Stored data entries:
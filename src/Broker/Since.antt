-- ===== src/Broker/Since.antt =====
-- internal/broker/since.go: the bounds of a time window.
-- An instant is a number of nanoseconds, counted from one day before 1 January of the year 0, so
-- that every date with a four-digit year has one in every zone; `zero_time` is the instant of Go's
-- zero `time.Time`, 1 January of the year 1. What package time does with calendars, zones and
-- layouts is the interface `Calendar`, taken in the location of the caller's clock.
pub mod Laws
pub mod Format
pub mod Overflow
use mathlib.Core.List.{reverse}
use sroiaaa.Base.{
  ℕ, suc, ◌+◌, ◌-◌, ◌*◌, ◌%◌, ◌^◌, Bool, not, ◌||◌, Option, none, some, List, [], ◌∷◌, ◌++◌,
  if◌then◌else◌, ltb, ◌==◌, Result, ok, err, ◌>>=◌, ◌>>◌, refuse_if,
}
use sroiaaa.Base.Int.{ℤ, pos, negsuc, is_neg, eq_nat}
use sroiaaa.Base.Text.{
  Text, codes, UnicodeTables, to_lower, byte_len, is_empty, text_eq, trim_space,
}

abbrev pub Instant : Type 0
Instant = ℕ

abbrev pub second : ℕ
second = 1_000_000_000

abbrev pub minute : ℕ
minute = 60 * second

abbrev pub hour : ℕ
hour = 60 * minute

abbrev pub zero_time : Instant
zero_time = 367 * (24 * hour)

abbrev pub max_since_age : ℕ
max_since_age = 400 * (24 * hour)

pub record Calendar : Type 0 where
  -- time.Parse(time.RFC3339, s) and its inverse t.Format(time.RFC3339), in UTC.
  pub parse_rfc3339 : Text → Option Instant
  pub format_rfc3339 : Instant → Text
  -- time.ParseInLocation("2006-01-02", s, location).
  pub parse_day : Text → Option Instant
  -- time.ParseDuration, in nanoseconds.
  pub parse_duration : Text → Option ℤ
  -- The midnight that begins an instant's day, and `AddDate(0, 0, ±1)`.
  pub midnight : Instant → Instant
  pub next_day : Instant → Instant
  pub previous_day : Instant → Instant

-- Which check of a time bound failed.
pub data SinceFault : Type 0 where
  too_long in_the_future too_far_back not_a_window unrecognised : SinceFault

-- The value of an int64 that arithmetic has wrapped around.
unfoldable pub wrap64 : ℤ → ℤ
wrap64 (pos n) = let m = n % 2 ^ 64 in if ltb m (2 ^ 63) then pos m else negsuc (2 ^ 64 - m - 1)
wrap64 (negsuc n) = let m = n % 2 ^ 64 in if ltb m (2 ^ 63) then negsuc m else pos (2 ^ 64 - m - 1)

-- `days * 24` on a Duration.
unfoldable pub times24 : ℤ → ℤ
unfolding wrap64
times24 (pos n) = wrap64 (pos (24 * n))
times24 (negsuc n) = wrap64 (negsuc (24 * n + 23))

-- `now.Add(-window)`. The negation wraps at the smallest Duration, -2^63, which it leaves as it is.
unfoldable pub before : Instant → ℤ → Instant
before now (pos n) = now - n
before now (negsuc n) = if n == 2 ^ 63 - 1 then now - 2 ^ 63 else now + suc n

unfoldable pub bound : Instant → Instant → Result SinceFault Instant
bound moment now = do
  refuse_if (ltb (now + minute) moment) in_the_future
  refuse_if (ltb max_since_age (now - moment)) too_far_back
  ok moment

abbrev pub last_is_d : List ℕ → Option Text
last_is_d [] = none
last_is_d (c ∷ rest) = if c == b'd' then some (reverse rest) else none

module _ (tables : UnicodeTables) (cal : Calendar) where
  open cal use {
    parse_rfc3339, format_rfc3339, parse_day, parse_duration, midnight, next_day, previous_day,
  }

  abbrev pub scale : Option ℤ → Option ℤ
  scale none = none
  scale (some hours) = some (times24 hours)

  abbrev pub as_hours : Option Text → Option ℤ
  as_hours none = none
  as_hours (some amount) = scale (parse_duration (amount ++ codes "h"))

  -- The "7d" form, which ParseDuration does not read.
  unfoldable pub parse_days : Text → Option ℤ
  unfolding times24
  parse_days value = if ltb (byte_len value) 2 then none else as_hours (last_is_d (reverse value))

  abbrev pub word : Text → Text
  word value = to_lower tables (trim_space value)

  -- The forms in their order: a layout that reads the text decides.
  abbrev pub by_window : Option ℤ → Instant → Result SinceFault Instant
  by_window none now = err unrecognised
  by_window (some window) now =
      if is_neg window || eq_nat window 0 then err not_a_window else bound (before now window) now

  abbrev pub by_days : Option ℤ → Text → Instant → Result SinceFault Instant
  by_days none value now = by_window (parse_duration value) now
  by_days (some days) value now = bound (before now days) now

  abbrev pub by_day : Option Instant → Text → Instant → Result SinceFault Instant
  by_day none value now = by_days (parse_days value) value now
  by_day (some day) value now = bound day now

  abbrev pub by_moment : Option Instant → Text → Instant → Result SinceFault Instant
  by_moment none value now = by_day (parse_day value) value now
  by_moment (some moment) value now = bound moment now

  unfoldable pub parse_since : Text → Instant → Result SinceFault Instant
  unfolding bound before
  parse_since value now =
      if is_empty value
      then ok zero_time
      else if ltb 64 (byte_len value)
      then err too_long
      else if text_eq (word value) (codes "today")
      then bound (midnight now) now
      else if text_eq (word value) (codes "yesterday")
      then bound (previous_day (midnight now)) now
      else by_moment (parse_rfc3339 value) value now

  abbrev pub until_by_word : Text → Instant → Result SinceFault Instant
  until_by_word value ref =
      if text_eq (word value) (codes "today")
      then ok (next_day (midnight ref))
      else if text_eq (word value) (codes "yesterday")
      then ok (midnight ref)
      else parse_since value ref

  abbrev pub until_by_day : Option Instant → Text → Instant → Result SinceFault Instant
  until_by_day none value ref = until_by_word value ref
  until_by_day (some day) value ref = ok (next_day day)

  unfoldable pub parse_until : Text → Instant → Result SinceFault Instant
  unfolding parse_since
  parse_until value ref =
      if is_empty value then ok zero_time else until_by_day (parse_day value) value ref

**Brief:** Reproduce each entry above without a single difference.

**Answer section:**
filename src/Broker/Since.antt
-- ===== src/Broker/Since.antt =====
-- internal/broker/since.go: the bounds of a time window.
-- An instant is a number of nanoseconds, counted from one day before 1 January of the year 0, so
-- that every date with a four-digit year has one in every zone; `zero_time` is the instant of Go's
-- zero `time.Time`, 1 January of the year 1. What package time does with calendars, zones and
-- layouts is the interface `Calendar`, taken in the location of the caller's clock.
pub mod Laws
pub mod Format
pub mod Overflow
use mathlib.Core.List.{reverse}
use sroiaaa.Base.{
  ℕ, suc, ◌+◌, ◌-◌, ◌*◌, ◌%◌, ◌^◌, Bool, not, ◌||◌, Option, none, some, List, [], ◌∷◌, ◌++◌,
  if◌then◌else◌, ltb, ◌==◌, Result, ok, err, ◌>>=◌, ◌>>◌, refuse_if,
}
use sroiaaa.Base.Int.{ℤ, pos, negsuc, is_neg, eq_nat}
use sroiaaa.Base.Text.{
  Text, codes, UnicodeTables, to_lower, byte_len, is_empty, text_eq, trim_space,
}

abbrev pub Instant : Type 0
Instant = ℕ

abbrev pub second : ℕ
second = 1_000_000_000

abbrev pub minute : ℕ
minute = 60 * second

abbrev pub hour : ℕ
hour = 60 * minute

abbrev pub zero_time : Instant
zero_time = 367 * (24 * hour)

abbrev pub max_since_age : ℕ
max_since_age = 400 * (24 * hour)

pub record Calendar : Type 0 where
  -- time.Parse(time.RFC3339, s) and its inverse t.Format(time.RFC3339), in UTC.
  pub parse_rfc3339 : Text → Option Instant
  pub format_rfc3339 : Instant → Text
  -- time.ParseInLocation("2006-01-02", s, location).
  pub parse_day : Text → Option Instant
  -- time.ParseDuration, in nanoseconds.
  pub parse_duration : Text → Option ℤ
  -- The midnight that begins an instant's day, and `AddDate(0, 0, ±1)`.
  pub midnight : Instant → Instant
  pub next_day : Instant → Instant
  pub previous_day : Instant → Instant

-- Which check of a time bound failed.
pub data SinceFault : Type 0 where
  too_long in_the_future too_far_back not_a_window unrecognised : SinceFault

-- The value of an int64 that arithmetic has wrapped around.
unfoldable pub wrap64 : ℤ → ℤ
wrap64 (pos n) = let m = n % 2 ^ 64 in if ltb m (2 ^ 63) then pos m else negsuc (2 ^ 64 - m - 1)
wrap64 (negsuc n) = let m = n % 2 ^ 64 in if ltb m (2 ^ 63) then negsuc m else pos (2 ^ 64 - m - 1)

-- `days * 24` on a Duration.
unfoldable pub times24 : ℤ → ℤ
unfolding wrap64
times24 (pos n) = wrap64 (pos (24 * n))
times24 (negsuc n) = wrap64 (negsuc (24 * n + 23))

-- `now.Add(-window)`. The negation wraps at the smallest Duration, -2^63, which it leaves as it is.
unfoldable pub before : Instant → ℤ → Instant
before now (pos n) = now - n
before now (negsuc n) = if n == 2 ^ 63 - 1 then now - 2 ^ 63 else now + suc n

unfoldable pub bound : Instant → Instant → Result SinceFault Instant
bound moment now = do
  refuse_if (ltb (now + minute) moment) in_the_future
  refuse_if (ltb max_since_age (now - moment)) too_far_back
  ok moment

abbrev pub last_is_d : List ℕ → Option Text
last_is_d [] = none
last_is_d (c ∷ rest) = if c == b'd' then some (reverse rest) else none

module _ (tables : UnicodeTables) (cal : Calendar) where
  open cal use {
    parse_rfc3339, format_rfc3339, parse_day, parse_duration, midnight, next_day, previous_day,
  }

  abbrev pub scale : Option ℤ → Option ℤ
  scale none = none
  scale (some hours) = some (times24 hours)

  abbrev pub as_hours : Option Text → Option ℤ
  as_hours none = none
  as_hours (some amount) = scale (parse_duration (amount ++ codes "h"))

  -- The "7d" form, which ParseDuration does not read.
  unfoldable pub parse_days : Text → Option ℤ
  unfolding times24
  parse_days value = if ltb (byte_len value) 2 then none else as_hours (last_is_d (reverse value))

  abbrev pub word : Text → Text
  word value = to_lower tables (trim_space value)

  -- The forms in their order: a layout that reads the text decides.
  abbrev pub by_window : Option ℤ → Instant → Result SinceFault Instant
  by_window none now = err unrecognised
  by_window (some window) now =
      if is_neg window || eq_nat window 0 then err not_a_window else bound (before now window) now

  abbrev pub by_days : Option ℤ → Text → Instant → Result SinceFault Instant
  by_days none value now = by_window (parse_duration value) now
  by_days (some days) value now = bound (before now days) now

  abbrev pub by_day : Option Instant → Text → Instant → Result SinceFault Instant
  by_day none value now = by_days (parse_days value) value now
  by_day (some day) value now = bound day now

  abbrev pub by_moment : Option Instant → Text → Instant → Result SinceFault Instant
  by_moment none value now = by_day (parse_day value) value now
  by_moment (some moment) value now = bound moment now

  unfoldable pub parse_since : Text → Instant → Result SinceFault Instant
  unfolding bound before
  parse_since value now =
      if is_empty value
      then ok zero_time
      else if ltb 64 (byte_len value)
      then err too_long
      else if text_eq (word value) (codes "today")
      then bound (midnight now) now
      else if text_eq (word value) (codes "yesterday")
      then bound (previous_day (midnight now)) now
      else by_moment (parse_rfc3339 value) value now

  abbrev pub until_by_word : Text → Instant → Result SinceFault Instant
  until_by_word value ref =
      if text_eq (word value) (codes "today")
      then ok (next_day (midnight ref))
      else if text_eq (word value) (codes "yesterday")
      then ok (midnight ref)
      else parse_since value ref

  abbrev pub until_by_day : Option Instant → Text → Instant → Result SinceFault Instant
  until_by_day none value ref = until_by_word value ref
  until_by_day (some day) value ref = ok (next_day day)

  unfoldable pub parse_until : Text → Instant → Result SinceFault Instant
  unfolding parse_since
  parse_until value ref =
      if is_empty value then ok zero_time else until_by_day (parse_day value) value ref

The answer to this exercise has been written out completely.